Now we must make sure that this successful program continues in its current form. At this Legislative session, Medicaid Expansion advocates are really worried about bureaucratic requirements to report on work activities will make it harder for thousands of Montanans to access healthcare. It’s tempting not to believe them. Everyone that NAMI Montana has directed to Medicaid Expansion has been in the workforce, so in theory the work requirement shouldn’t be a problem.

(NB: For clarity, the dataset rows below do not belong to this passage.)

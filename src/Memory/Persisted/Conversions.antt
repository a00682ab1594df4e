-- ===== src/Memory/Persisted/Conversions.antt =====
-- fmemory/src/backends/filesystem.rs: the conversions of the records of a session.
use fiddlesticks.Base.{ℕ, Option, none, some, [], ◌∷◌, string_eq, map}
use fiddlesticks.Exec.{collect_map, Result, ok, err, and_then}
use fiddlesticks.Common.{SessionId}
use fiddlesticks.Provider.Model.{Message, message}
use fiddlesticks.Memory.Error.{MemoryError}
use fiddlesticks.Memory.Types.{
  FeatureRecord, ProgressEntry, InitStep, InitPlan, SessionManifest, RunCheckpoint, BootstrapState,
}
use fiddlesticks.Memory.Persisted.{
  PersistedInitPlan, PersistedRunCheckpoint, PersistedMessage, PersistedManifest,
  PersistedProgressEntry, PersistedState, I64, PersistedInitStep, PersistedFeatureRecord,
}
use fiddlesticks.Memory.Persisted.Fields.{
  run_status_from_str, init_shell_from_str, role_from_str, init_shell_to_string, role_to_string,
  decode_system_time, storage, run_status_to_string, encode_system_time,
}

-- `map(f).transpose()`
abbrev pub transpose_map {ℓ} : {E A B : Type ℓ} → (A → Result E B) → Option A → Result E (Option B)
transpose_map f none = ok none
transpose_map f (some x) = and_then (f x) (λ y. ok (some y))

unfoldable pub from_feature_record : FeatureRecord → PersistedFeatureRecord
from_feature_record f = record {
  id = f.id;
  category = f.category;
  description = f.description;
  steps = f.steps;
  passes = f.passes;
}

unfoldable pub into_feature_record : PersistedFeatureRecord → FeatureRecord
into_feature_record f = record {
  id = f.id;
  category = f.category;
  description = f.description;
  steps = f.steps;
  passes = f.passes;
}

unfoldable pub from_init_step : InitStep → Result MemoryError PersistedInitStep
from_init_step (InitStep.command program args) = ok (PersistedInitStep.command program args)
from_init_step (InitStep.shell s script) =
    ok (PersistedInitStep.shell (init_shell_to_string s) script)

unfoldable pub into_init_step : PersistedInitStep → Result MemoryError InitStep
into_init_step (PersistedInitStep.command program args) = ok (InitStep.command program args)
into_init_step (PersistedInitStep.shell s script) =
    and_then (init_shell_from_str s) (λ k. ok (InitStep.shell k script))

unfoldable pub from_init_plan : InitPlan → Result MemoryError PersistedInitPlan
from_init_plan plan =
    and_then (collect_map from_init_step plan.steps) (λ steps. ok (record { steps = steps }))

unfoldable pub into_init_plan : PersistedInitPlan → Result MemoryError InitPlan
into_init_plan plan =
    and_then (collect_map into_init_step plan.steps) (λ steps. ok (record { steps = steps }))

-- The session's id is not kept: it is known from the name of the file.
unfoldable pub from_manifest : SessionManifest → Result MemoryError PersistedManifest
from_manifest m = and_then (transpose_map from_init_plan m.init_plan) (λ plan. ok (record {
  schema_version = m.schema_version;
  harness_version = m.harness_version;
  active_branch = m.active_branch;
  current_objective = m.current_objective;
  last_known_good_commit = m.last_known_good_commit;
  init_plan = plan;
  metadata = m.metadata;
}))

unfoldable pub into_manifest : SessionId → PersistedManifest → Result MemoryError SessionManifest
into_manifest session_id m = and_then (transpose_map into_init_plan m.init_plan) (λ plan.
    ok (record {
      session_id = session_id;
      schema_version = m.schema_version;
      harness_version = m.harness_version;
      active_branch = m.active_branch;
      current_objective = m.current_objective;
      last_known_good_commit = m.last_known_good_commit;
      init_plan = plan;
      metadata = m.metadata;
    }))

unfoldable pub from_entry : ProgressEntry → Result MemoryError PersistedProgressEntry
from_entry e = and_then (encode_system_time e.created_at) (λ (secs, nanos). ok (record {
  run_id = e.run_id;
  summary = e.summary;
  created_at_secs = secs;
  created_at_nanos = nanos;
}))

unfoldable pub into_entry : PersistedProgressEntry → Result MemoryError ProgressEntry
into_entry e =
    and_then (decode_system_time e.created_at_secs e.created_at_nanos)
      (λ t. ok (record { run_id = e.run_id; summary = e.summary; created_at = t }))

-- The seconds and the nanoseconds of a time that may be missing.
unfoldable pub encode_completed : Option ℕ → Result MemoryError (Option I64 × Option I64)
encode_completed none = ok (none, none)
encode_completed (some t) =
    and_then (encode_system_time t) (λ (secs, nanos). ok (some secs, some nanos))

unfoldable pub decode_completed : Option I64 → Option I64 → Result MemoryError (Option ℕ)
decode_completed none none = ok none
decode_completed (some secs) (some nanos) =
    and_then (decode_system_time secs nanos) (λ t. ok (some t))
decode_completed none (some nanos) =
    err (storage ("checkpoint completed timestamp must include both seconds and nanos" ∷ []))
decode_completed (some secs) none =
    err (storage ("checkpoint completed timestamp must include both seconds and nanos" ∷ []))

unfoldable pub from_checkpoint : RunCheckpoint → Result MemoryError PersistedRunCheckpoint
unfolding encode_completed
from_checkpoint c = and_then (encode_system_time c.started_at) λ (secs, nanos).
    and_then (encode_completed c.completed_at) λ (done_secs, done_nanos). ok (record {
      run_id = c.run_id;
      started_at_secs = secs;
      started_at_nanos = nanos;
      completed_at_secs = done_secs;
      completed_at_nanos = done_nanos;
      status = run_status_to_string c.status;
      note = c.note;
    })

unfoldable pub into_checkpoint : PersistedRunCheckpoint → Result MemoryError RunCheckpoint
unfolding decode_completed
into_checkpoint c =
    and_then (decode_completed c.completed_at_secs c.completed_at_nanos) λ completed_at.
      and_then (decode_system_time c.started_at_secs c.started_at_nanos) λ started_at.
        and_then (run_status_from_str c.status) λ status. ok (record {
          run_id = c.run_id;
          started_at = started_at;
          completed_at = completed_at;
          status = status;
          note = c.note;
        })

unfoldable pub from_message : Message → PersistedMessage
from_message m = record { role = role_to_string m.role; content = m.content }

unfoldable pub into_message : PersistedMessage → Result MemoryError Message
into_message m = and_then (role_from_str m.role) (λ role. ok (message role m.content))

unfoldable pub into_bootstrap_state : SessionId → PersistedState → Result MemoryError BootstrapState
into_bootstrap_state session_id s =
    and_then (transpose_map (into_manifest session_id) s.manifest) λ manifest.
      and_then (collect_map into_entry s.recent_progress) λ progress.
        and_then (collect_map into_checkpoint s.checkpoints) λ checkpoints. ok (record {
          manifest = manifest;
          feature_list = map into_feature_record s.feature_list;
          recent_progress = progress;
          checkpoints = checkpoints;
        })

The reality is that the Medicaid work requirement would lead to a major investment in a “work requirement tracking” computer system with some type of “online work tracking” portal and significant efforts by Department of Public Health and Human Services to try to quantify how many hours individual low income Montanans are working. This predictable bureaucratic nightmare will lead to people losing health insurance when they most need it. It’s been a mess in other states and will be a mess here.
We are better off strengthening Montana’s existing Health and Economic Livelihood Partnership Link (HELP-Link) which provides workforce training to unemployed Medicaid enrollees who face barriers to work such as limited skills and lack of access to support such as childcare and transportation. HELP-Link has already reached 25,000 Montana Medicaid recipients since its launch. It’s helping more people join the workforce. Achieving the same goal as the work requirements, but without the bureaucratic-technical train wreck.